*DIRECTIONS:*
Collect the lines of the entries where "record" shows up.

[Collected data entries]
━━━━━━━━
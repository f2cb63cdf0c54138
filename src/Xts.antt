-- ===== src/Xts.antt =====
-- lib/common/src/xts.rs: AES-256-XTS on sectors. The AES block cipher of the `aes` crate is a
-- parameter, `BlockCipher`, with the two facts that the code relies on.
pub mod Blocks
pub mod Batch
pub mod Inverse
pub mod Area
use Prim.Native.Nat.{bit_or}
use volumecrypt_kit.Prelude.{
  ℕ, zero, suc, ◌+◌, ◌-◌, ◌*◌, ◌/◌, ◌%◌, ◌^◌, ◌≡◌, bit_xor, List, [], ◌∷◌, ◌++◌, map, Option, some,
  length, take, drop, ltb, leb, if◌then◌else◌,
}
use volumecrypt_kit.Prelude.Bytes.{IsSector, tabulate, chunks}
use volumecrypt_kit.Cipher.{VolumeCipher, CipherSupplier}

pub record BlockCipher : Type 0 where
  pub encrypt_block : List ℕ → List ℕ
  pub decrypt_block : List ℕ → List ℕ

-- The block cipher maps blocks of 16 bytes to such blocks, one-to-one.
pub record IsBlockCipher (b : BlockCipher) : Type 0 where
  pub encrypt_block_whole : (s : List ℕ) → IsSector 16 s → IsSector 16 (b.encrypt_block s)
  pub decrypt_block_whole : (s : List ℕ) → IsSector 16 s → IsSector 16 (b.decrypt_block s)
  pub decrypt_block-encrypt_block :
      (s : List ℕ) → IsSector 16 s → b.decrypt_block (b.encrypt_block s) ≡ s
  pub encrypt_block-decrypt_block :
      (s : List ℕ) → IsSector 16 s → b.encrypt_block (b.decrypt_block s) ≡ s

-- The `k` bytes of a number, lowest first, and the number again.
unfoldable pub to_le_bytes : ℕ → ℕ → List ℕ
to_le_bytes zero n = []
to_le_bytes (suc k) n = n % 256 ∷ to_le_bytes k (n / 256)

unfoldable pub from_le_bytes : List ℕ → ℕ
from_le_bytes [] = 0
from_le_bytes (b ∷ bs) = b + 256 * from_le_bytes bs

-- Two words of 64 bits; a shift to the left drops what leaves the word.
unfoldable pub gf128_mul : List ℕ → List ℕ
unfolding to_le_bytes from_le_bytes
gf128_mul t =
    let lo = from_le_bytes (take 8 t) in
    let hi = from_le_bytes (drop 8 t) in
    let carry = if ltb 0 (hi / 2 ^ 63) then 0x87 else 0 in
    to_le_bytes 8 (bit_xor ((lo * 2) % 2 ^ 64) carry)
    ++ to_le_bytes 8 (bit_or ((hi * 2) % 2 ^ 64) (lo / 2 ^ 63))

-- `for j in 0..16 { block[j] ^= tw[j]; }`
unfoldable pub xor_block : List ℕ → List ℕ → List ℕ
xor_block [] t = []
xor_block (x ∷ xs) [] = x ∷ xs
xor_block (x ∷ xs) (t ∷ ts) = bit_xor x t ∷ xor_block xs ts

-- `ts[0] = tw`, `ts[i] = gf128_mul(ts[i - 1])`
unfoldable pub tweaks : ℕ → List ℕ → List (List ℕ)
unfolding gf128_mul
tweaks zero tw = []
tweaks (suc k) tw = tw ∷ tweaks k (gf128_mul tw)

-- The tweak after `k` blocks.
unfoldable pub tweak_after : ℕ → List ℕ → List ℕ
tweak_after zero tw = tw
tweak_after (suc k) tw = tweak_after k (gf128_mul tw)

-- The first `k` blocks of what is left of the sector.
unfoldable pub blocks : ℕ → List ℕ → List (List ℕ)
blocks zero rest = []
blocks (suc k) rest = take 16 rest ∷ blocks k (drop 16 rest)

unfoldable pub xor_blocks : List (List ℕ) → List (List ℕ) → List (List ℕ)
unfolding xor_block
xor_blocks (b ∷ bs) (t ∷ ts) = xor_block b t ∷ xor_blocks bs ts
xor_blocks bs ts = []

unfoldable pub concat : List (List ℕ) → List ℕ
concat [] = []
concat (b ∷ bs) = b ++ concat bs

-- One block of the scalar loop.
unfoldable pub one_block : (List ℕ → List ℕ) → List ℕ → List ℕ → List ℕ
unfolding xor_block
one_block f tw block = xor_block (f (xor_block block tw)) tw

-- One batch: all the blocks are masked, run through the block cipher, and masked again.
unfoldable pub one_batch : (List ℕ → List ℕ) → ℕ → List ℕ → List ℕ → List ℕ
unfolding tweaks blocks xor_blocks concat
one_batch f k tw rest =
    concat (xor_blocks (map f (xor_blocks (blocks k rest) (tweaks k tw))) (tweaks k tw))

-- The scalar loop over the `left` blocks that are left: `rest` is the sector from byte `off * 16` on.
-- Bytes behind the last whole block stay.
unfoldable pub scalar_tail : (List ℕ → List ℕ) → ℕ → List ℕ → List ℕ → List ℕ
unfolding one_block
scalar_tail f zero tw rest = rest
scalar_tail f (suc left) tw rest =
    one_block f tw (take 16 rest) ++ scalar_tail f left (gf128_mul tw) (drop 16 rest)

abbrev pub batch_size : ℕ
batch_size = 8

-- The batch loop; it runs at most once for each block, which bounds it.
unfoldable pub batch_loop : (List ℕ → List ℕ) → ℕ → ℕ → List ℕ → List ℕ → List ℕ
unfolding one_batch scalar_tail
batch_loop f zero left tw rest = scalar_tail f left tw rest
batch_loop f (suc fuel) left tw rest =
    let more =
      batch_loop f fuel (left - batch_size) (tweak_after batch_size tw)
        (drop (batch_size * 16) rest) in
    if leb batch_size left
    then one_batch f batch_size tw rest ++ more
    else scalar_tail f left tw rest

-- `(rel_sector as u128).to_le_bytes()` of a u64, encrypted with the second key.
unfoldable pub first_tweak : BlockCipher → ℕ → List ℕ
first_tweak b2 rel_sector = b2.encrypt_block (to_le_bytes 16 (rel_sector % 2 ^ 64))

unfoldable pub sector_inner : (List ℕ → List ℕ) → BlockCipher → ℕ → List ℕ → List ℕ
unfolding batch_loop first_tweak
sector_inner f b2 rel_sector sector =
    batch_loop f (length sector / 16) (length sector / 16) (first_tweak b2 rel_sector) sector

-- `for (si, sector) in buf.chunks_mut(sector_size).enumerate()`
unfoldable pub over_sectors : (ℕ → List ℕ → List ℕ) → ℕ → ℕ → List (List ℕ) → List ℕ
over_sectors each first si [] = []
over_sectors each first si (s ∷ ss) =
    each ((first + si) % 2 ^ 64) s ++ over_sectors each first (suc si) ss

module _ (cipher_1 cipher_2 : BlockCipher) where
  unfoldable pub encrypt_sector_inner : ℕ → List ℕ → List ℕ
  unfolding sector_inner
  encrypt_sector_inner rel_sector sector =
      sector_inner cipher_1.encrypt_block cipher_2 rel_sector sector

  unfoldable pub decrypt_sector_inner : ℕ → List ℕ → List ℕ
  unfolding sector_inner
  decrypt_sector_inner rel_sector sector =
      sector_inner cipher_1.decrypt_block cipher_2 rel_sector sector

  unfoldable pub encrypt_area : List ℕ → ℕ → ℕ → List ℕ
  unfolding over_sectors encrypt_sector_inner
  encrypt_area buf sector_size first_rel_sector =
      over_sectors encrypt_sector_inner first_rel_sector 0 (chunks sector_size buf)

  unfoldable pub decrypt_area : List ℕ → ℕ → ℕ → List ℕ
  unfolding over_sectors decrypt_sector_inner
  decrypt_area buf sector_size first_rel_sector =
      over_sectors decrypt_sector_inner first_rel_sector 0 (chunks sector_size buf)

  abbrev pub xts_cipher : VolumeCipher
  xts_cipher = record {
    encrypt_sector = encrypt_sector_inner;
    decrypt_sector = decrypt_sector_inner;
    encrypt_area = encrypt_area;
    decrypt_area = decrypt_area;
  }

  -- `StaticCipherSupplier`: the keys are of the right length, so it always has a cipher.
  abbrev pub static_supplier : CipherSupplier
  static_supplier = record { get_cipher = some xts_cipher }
━━━━━━━━
*OUTPUT FOR THIS TASK:*
pub record BlockCipher : Type 0 where
pub record IsBlockCipher (b : BlockCipher) : Type 0 where
  xts_cipher = record {
  static_supplier = record { get_cipher = some xts_cipher }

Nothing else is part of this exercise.